Шрифт:
Интервал:
Закладка:
Сначала Хедвиг Бронски получила повестку с требованием освободить квартиру на Рингштрассе, в которую должно было въехать семейство какого-то высокого офицера авиации. Покуда она с помощью Стефана укладывала вещи, готовясь переехать в Рамкау, где им принадлежало несколько гектаров леса, пашня и вдобавок жилье арендатора, вдове прислали извещение, которое ее глаза, хоть и отражающие, но не постигающие скорбь этого мира, лишь медленно, да и то с помощью сына Стефана смогли уразуметь, добравшись наконец до смысла, который официально, черным по белому, объявлял ее вдовой. А говорилось там следующее:
Судебная канцелярия группы Эберхарда Ст. Л.41/39 Сопот, 6 октября 19Э9
Госпожа Хедвиг Бронски,
согласно инструкции сообщаем Вам, что Бронски Ян по решению военного суда за противозаконные действия приговорен к смертной казни, каковой приговор приведен в исполнение.
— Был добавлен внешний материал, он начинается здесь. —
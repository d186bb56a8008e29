-- ===== src/Elastic.antt =====
-- internal/infrastructure/elasticsearch/document.go and indexer.go: the documents for the search index,
-- and the indexer's channel, its two workers and its dead letters, as the steps that the goroutines
-- can take in any order. The flusher's buffer is left out: nothing puts a document into it.
pub mod Conserved
pub mod Bounded
use update_service.Base.{
  ℕ, zero, suc, ◌+◌, ◌-◌, ◌/◌, String, Bool, true, false, ◌&&◌, Option, none, some, List, [], ◌∷◌,
  ◌++◌, ltb, ◌==◌, if◌then◌else◌, length,
}
use update_service.Domain.Operation.{Operation, InputFile}
use update_service.Domain.Text.{status_text}
use update_service.Domain.Event.{OperationEvent, event_type_string}

-- `CompletedDocument`
pub record CompletedDocument : Type 0 where
  pub operation_id : String
  pub node_id : String
  pub update_type : String
  pub status : String
  pub duration_ms : ℕ
  pub file_size : ℕ
  pub started_at : ℕ
  pub completed_at : ℕ
  pub processor : String
  pub event_type : String
  pub actor_node_id : String
  pub issued_at : ℕ
  pub client_ref : String
  pub retry_count : ℕ
  pub max_attempts : ℕ
  pub input_file_name : String
  pub input_file_size : ℕ

abbrev size_of : Option InputFile → ℕ
size_of none = 0
size_of (some f) = f.size_bytes

abbrev name_of : Option InputFile → String
name_of none = ""
name_of (some f) = f.file_name

-- `BuildCompletedDocument`: an operation is updated no earlier than it is created.
unfoldable pub build_completed_document : Operation → OperationEvent → String → CompletedDocument
unfolding status_text event_type_string
build_completed_document op evt node_id =
    let completed_at = if ltb op.created_at evt.issued_at then evt.issued_at else op.updated_at in
    record {
      operation_id = op.id;
      node_id = node_id;
      update_type = "PROCESS_UPDATE";
      status = status_text op.status;
      duration_ms = (completed_at - op.created_at) / 1000000;
      file_size = size_of op.input_file;
      started_at = op.created_at;
      completed_at = completed_at;
      processor = op.processor;
      event_type = event_type_string evt.event_type;
      actor_node_id = evt.actor_node_id;
      issued_at = evt.issued_at;
      client_ref = op.client_reference;
      retry_count = op.retry_count;
      max_attempts = op.max_attempts;
      input_file_name = name_of op.input_file;
      input_file_size = size_of op.input_file;
    }

-- `defaultChannelCap` and `defaultWorkers`
abbrev pub channel_cap : ℕ
channel_cap = 1000

abbrev pub workers : ℕ
workers = 2

-- `Indexer`: the channel, what the workers have taken out of it, the workers that still run, whether
-- it is stopped; and where the documents end: in the index, in the file of dead letters, or nowhere,
-- if that file cannot be written.
pub record Indexer : Type 0 where
  pub channel : List CompletedDocument
  pub taken : List CompletedDocument
  pub running : ℕ
  pub closed : Bool
  pub indexed : List CompletedDocument
  pub dead_letters : List CompletedDocument
  pub lost : List CompletedDocument

-- `NewIndexer` and `Start`
unfoldable pub start : Indexer
start = record {
  channel = [];
  taken = [];
  running = workers;
  closed = false;
  indexed = [];
  dead_letters = [];
  lost = [];
}

-- `dlqFromDoc`, and whether the file can be written.
unfoldable pub dlq_from_doc : Bool → CompletedDocument → Indexer → Indexer
dlq_from_doc true doc i = record i { dead_letters = doc ∷ i.dead_letters }
dlq_from_doc false doc i = record i { lost = doc ∷ i.lost }

-- `Index`: a full channel sends the document to the dead letters.
unfoldable pub index_doc : Bool → CompletedDocument → Indexer → Indexer
unfolding dlq_from_doc
index_doc is_writable doc i =
    if ltb (length i.channel) channel_cap
    then record i { channel = i.channel ++ (doc ∷ []) }
    else dlq_from_doc is_writable doc i

abbrev pub received : List CompletedDocument → Indexer → Indexer
received [] i = i
received (doc ∷ rest) i = record i { channel = rest; taken = doc ∷ i.taken }

-- A worker that runs and has no document takes one: in its loop, or in `drain`.
unfoldable pub receive : Indexer → Indexer
receive i = if ltb (length i.taken) i.running then received i.channel i else i

abbrev pub settled :
    Bool → Bool → List CompletedDocument → List CompletedDocument → Indexer → Indexer
settled accepted is_writable kept [] i = i
settled true is_writable kept (doc ∷ rest) i = record i {
  taken = kept ++ rest;
  indexed = doc ∷ i.indexed;
}
settled false is_writable kept (doc ∷ rest) i =
    dlq_from_doc is_writable doc (record i { taken = kept ++ rest })

abbrev pub finished : Bool → Bool → Bool → List CompletedDocument → Indexer → Indexer
finished true accepted is_writable docs i = settled accepted is_writable [] docs i
finished false accepted is_writable [] i = i
finished false accepted is_writable (doc ∷ rest) i = settled accepted is_writable (doc ∷ []) rest i

-- The client answers the worker that has the last document, or the one before.
unfoldable pub finish : Bool → Bool → Bool → Indexer → Indexer
unfolding dlq_from_doc
finish first accepted is_writable i = finished first accepted is_writable i.taken i

-- `Stop` closes; a worker that sees it ends once the channel is empty.
unfoldable pub close : Indexer → Indexer
close i = record i { closed = true }

unfoldable pub quit : Indexer → Indexer
quit i =
    if i.closed && ((length i.channel == 0) && ltb (length i.taken) i.running)
    then record i { running = i.running - 1 }
    else i

pub data Step : Type 0 where
  index_step : Bool → CompletedDocument → Step
  receive_step close_step quit_step : Step
  finish_step : Bool → Bool → Bool → Step

unfoldable pub step : Step → Indexer → Indexer
unfolding index_doc receive finish close quit
step (index_step is_writable doc) i = index_doc is_writable doc i
step receive_step i = receive i
step (finish_step first accepted is_writable) i = finish first accepted is_writable i
step close_step i = close i
step quit_step i = quit i

unfoldable pub run : List Step → Indexer → Indexer
unfolding step
run [] i = i
run (s ∷ ss) i = run ss (step s i)

-- The documents that are handed over.
unfoldable pub handed : List Step → List CompletedDocument
handed [] = []
handed (index_step is_writable doc ∷ ss) = doc ∷ handed ss
handed (_ ∷ ss) = handed ss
Целевски (Инспектор полевого суда)
Как видите, про Заспе там ни звука. Это они так позаботились о родных и близких, избавив тех от издержек по уходу за слишком объемистой и поглощающей уйму цветов братской могилой, взяли и уход, и возможные перезахоронения на себя, разровняли кладбищенский песок, подобрали все патронные гильзы кроме одной, потому что одна всегда где-нибудь да заваляется, ибо валяющиеся повсюду гильзы искажают облик приличного кладбища, пусть даже на нем давно уже никого не хоронят.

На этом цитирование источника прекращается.